* [EXERCISE]:
Give again, word for word, every line in the entries below from the line with "-- ===== src/Apic/Duration.antt" up to and including the line with "unfolding sweep_us", and no other line.
*** DATASET ***
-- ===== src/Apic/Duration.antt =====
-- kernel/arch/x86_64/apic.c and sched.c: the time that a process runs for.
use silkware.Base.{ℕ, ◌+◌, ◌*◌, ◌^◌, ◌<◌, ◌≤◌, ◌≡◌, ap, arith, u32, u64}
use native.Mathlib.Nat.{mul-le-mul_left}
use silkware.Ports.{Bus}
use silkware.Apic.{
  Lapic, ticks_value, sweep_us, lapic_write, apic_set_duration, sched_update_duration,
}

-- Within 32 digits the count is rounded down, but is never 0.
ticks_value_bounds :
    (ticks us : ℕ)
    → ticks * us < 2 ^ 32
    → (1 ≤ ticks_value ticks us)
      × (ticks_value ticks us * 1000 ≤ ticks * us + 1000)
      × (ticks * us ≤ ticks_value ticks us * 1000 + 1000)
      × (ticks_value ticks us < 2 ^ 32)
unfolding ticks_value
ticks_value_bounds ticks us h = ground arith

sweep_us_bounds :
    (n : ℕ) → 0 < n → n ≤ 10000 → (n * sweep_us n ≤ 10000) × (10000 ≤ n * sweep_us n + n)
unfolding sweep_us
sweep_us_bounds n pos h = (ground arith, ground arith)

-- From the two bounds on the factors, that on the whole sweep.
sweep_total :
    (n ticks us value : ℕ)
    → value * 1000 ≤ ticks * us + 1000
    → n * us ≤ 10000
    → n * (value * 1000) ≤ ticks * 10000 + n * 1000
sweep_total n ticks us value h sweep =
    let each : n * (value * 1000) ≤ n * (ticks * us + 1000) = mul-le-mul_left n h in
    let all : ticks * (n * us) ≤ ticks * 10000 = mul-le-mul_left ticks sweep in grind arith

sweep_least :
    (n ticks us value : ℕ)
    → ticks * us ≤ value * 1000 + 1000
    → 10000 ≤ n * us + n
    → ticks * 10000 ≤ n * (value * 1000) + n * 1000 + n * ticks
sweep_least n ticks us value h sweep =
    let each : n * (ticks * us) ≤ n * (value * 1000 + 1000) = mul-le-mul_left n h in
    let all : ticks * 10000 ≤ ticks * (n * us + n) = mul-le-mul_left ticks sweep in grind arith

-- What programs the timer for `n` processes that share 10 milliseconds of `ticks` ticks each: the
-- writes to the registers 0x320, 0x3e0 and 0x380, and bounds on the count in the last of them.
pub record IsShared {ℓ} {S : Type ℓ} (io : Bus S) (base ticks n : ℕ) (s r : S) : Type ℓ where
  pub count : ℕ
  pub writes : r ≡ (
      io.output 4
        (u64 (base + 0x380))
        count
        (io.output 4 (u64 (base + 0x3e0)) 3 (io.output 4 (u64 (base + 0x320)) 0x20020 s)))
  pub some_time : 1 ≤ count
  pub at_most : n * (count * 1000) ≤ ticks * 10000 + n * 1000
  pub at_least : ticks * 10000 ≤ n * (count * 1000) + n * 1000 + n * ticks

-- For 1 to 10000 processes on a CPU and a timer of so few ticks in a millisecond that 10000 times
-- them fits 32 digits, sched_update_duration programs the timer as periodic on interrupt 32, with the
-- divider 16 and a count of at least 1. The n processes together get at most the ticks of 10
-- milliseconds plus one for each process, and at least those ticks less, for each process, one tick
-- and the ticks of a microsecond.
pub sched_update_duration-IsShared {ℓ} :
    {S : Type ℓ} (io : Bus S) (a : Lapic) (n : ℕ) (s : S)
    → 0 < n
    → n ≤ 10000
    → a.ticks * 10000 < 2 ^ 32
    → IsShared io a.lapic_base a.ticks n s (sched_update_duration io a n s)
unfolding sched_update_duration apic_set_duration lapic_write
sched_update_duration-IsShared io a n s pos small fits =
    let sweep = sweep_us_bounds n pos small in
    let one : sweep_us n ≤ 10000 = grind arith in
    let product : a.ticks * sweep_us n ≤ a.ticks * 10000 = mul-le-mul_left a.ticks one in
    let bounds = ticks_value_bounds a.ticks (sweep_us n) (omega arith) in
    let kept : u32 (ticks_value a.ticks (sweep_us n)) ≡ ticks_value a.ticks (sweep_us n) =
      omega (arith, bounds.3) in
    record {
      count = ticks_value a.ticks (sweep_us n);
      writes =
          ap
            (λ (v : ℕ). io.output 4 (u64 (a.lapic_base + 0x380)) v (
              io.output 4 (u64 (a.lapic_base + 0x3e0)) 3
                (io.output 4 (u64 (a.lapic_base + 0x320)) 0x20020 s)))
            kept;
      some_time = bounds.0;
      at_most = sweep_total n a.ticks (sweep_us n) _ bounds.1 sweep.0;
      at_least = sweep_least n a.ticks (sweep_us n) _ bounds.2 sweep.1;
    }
*** End of DATASET ***
*** DATASET ***
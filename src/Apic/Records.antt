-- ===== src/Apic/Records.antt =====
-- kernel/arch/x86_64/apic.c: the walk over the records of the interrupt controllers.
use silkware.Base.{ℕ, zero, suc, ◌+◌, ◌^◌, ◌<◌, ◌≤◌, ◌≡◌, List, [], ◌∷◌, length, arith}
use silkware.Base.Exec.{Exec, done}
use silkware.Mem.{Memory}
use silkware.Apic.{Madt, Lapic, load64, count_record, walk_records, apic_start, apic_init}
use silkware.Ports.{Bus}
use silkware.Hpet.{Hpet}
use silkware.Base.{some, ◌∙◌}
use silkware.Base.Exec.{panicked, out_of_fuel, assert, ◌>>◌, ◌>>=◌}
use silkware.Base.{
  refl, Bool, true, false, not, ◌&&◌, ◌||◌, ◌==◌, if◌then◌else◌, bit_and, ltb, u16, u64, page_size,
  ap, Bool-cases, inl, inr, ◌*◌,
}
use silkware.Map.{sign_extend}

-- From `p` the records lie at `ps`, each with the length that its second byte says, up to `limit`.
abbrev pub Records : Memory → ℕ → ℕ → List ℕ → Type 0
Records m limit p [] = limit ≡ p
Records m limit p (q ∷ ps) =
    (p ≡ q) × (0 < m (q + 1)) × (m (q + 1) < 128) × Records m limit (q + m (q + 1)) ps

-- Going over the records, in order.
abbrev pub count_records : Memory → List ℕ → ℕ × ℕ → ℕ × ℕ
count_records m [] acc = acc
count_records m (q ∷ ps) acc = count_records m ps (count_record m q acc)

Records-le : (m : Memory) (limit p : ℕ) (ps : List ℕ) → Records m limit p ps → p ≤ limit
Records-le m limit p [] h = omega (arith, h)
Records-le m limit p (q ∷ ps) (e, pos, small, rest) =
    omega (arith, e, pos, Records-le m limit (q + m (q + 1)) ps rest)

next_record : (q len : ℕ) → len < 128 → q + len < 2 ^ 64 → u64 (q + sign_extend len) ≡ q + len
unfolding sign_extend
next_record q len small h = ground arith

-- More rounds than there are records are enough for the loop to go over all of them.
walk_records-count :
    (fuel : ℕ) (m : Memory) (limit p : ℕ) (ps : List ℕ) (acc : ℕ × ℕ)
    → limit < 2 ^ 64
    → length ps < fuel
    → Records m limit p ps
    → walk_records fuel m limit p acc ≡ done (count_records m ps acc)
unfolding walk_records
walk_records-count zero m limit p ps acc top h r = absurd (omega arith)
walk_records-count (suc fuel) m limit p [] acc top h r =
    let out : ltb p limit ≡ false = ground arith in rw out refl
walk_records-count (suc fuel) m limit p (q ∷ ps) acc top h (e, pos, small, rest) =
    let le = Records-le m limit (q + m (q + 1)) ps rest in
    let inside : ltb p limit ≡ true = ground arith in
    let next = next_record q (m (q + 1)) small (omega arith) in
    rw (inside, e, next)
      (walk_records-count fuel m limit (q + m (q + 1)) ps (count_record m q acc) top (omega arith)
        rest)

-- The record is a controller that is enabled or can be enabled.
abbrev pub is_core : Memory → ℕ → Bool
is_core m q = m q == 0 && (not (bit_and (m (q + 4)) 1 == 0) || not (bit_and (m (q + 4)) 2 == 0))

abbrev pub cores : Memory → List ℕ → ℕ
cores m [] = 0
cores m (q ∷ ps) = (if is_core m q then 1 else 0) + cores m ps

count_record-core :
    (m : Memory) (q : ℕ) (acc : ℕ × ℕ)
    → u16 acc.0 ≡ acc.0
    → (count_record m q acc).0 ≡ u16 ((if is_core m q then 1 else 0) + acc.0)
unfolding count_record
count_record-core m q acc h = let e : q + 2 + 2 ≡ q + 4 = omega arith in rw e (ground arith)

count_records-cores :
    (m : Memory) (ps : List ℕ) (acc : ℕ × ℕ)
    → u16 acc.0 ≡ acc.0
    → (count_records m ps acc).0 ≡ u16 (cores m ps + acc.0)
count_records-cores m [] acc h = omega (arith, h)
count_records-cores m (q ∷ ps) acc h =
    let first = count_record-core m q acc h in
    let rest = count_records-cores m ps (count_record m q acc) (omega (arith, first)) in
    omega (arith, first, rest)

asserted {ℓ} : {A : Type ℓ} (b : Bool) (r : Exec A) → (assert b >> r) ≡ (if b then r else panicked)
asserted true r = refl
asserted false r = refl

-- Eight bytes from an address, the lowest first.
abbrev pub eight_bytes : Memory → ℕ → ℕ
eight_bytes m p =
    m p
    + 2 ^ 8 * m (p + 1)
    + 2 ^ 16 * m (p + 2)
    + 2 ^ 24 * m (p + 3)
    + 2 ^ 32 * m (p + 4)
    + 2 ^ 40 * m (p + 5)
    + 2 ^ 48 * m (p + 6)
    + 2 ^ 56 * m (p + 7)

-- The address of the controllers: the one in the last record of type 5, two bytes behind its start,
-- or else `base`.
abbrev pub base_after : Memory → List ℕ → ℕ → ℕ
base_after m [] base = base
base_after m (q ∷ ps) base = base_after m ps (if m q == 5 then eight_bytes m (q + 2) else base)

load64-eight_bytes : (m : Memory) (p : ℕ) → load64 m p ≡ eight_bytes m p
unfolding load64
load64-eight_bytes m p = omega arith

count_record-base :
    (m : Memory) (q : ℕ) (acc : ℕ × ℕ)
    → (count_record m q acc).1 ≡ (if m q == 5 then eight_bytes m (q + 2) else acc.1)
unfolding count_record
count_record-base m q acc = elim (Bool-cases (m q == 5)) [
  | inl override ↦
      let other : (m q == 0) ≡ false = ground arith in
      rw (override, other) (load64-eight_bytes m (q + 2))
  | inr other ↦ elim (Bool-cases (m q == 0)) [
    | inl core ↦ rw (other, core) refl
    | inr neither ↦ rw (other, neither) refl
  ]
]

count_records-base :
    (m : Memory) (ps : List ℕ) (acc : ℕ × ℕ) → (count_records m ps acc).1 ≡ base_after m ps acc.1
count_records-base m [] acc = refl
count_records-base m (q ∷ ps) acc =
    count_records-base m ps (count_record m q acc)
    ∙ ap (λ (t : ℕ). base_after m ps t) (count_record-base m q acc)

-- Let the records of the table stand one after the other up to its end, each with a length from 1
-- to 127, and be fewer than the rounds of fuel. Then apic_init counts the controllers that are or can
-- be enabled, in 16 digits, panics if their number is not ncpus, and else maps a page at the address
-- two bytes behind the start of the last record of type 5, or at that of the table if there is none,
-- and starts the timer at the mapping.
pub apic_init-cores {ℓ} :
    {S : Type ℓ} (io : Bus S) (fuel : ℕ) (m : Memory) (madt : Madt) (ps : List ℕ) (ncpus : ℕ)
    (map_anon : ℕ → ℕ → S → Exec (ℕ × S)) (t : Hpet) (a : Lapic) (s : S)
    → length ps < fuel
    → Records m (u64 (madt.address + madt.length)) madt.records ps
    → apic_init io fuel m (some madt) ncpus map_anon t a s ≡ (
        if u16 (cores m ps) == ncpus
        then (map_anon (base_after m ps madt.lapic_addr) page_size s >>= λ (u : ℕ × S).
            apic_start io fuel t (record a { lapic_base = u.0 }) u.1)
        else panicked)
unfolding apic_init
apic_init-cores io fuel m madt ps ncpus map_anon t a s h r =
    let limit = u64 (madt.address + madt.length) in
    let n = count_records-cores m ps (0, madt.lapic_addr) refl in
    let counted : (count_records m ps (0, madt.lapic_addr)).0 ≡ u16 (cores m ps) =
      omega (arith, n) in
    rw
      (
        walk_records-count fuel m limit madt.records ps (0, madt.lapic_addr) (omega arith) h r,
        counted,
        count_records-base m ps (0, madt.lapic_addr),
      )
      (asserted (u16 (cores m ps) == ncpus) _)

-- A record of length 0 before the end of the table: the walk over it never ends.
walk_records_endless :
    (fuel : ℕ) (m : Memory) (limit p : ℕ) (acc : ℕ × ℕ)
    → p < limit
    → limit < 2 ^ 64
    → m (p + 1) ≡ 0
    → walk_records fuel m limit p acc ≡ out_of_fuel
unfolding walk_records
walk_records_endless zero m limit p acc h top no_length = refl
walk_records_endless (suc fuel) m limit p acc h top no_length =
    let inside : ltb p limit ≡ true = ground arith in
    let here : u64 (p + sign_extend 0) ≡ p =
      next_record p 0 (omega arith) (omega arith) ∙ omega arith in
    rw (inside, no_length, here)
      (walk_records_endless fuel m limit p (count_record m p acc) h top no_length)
*** End of DATASET ***
*** DATASET ***
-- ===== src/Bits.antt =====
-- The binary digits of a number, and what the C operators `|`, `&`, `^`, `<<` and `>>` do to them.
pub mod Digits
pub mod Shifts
*** End of DATASET ***
* [WRITTEN SOLUTION]:
-- ===== src/Apic/Duration.antt =====
-- kernel/arch/x86_64/apic.c and sched.c: the time that a process runs for.
use silkware.Base.{ℕ, ◌+◌, ◌*◌, ◌^◌, ◌<◌, ◌≤◌, ◌≡◌, ap, arith, u32, u64}
use native.Mathlib.Nat.{mul-le-mul_left}
use silkware.Ports.{Bus}
use silkware.Apic.{
  Lapic, ticks_value, sweep_us, lapic_write, apic_set_duration, sched_update_duration,
}

-- Within 32 digits the count is rounded down, but is never 0.
ticks_value_bounds :
    (ticks us : ℕ)
    → ticks * us < 2 ^ 32
    → (1 ≤ ticks_value ticks us)
      × (ticks_value ticks us * 1000 ≤ ticks * us + 1000)
      × (ticks * us ≤ ticks_value ticks us * 1000 + 1000)
      × (ticks_value ticks us < 2 ^ 32)
unfolding ticks_value
ticks_value_bounds ticks us h = ground arith

sweep_us_bounds :
    (n : ℕ) → 0 < n → n ≤ 10000 → (n * sweep_us n ≤ 10000) × (10000 ≤ n * sweep_us n + n)
unfolding sweep_us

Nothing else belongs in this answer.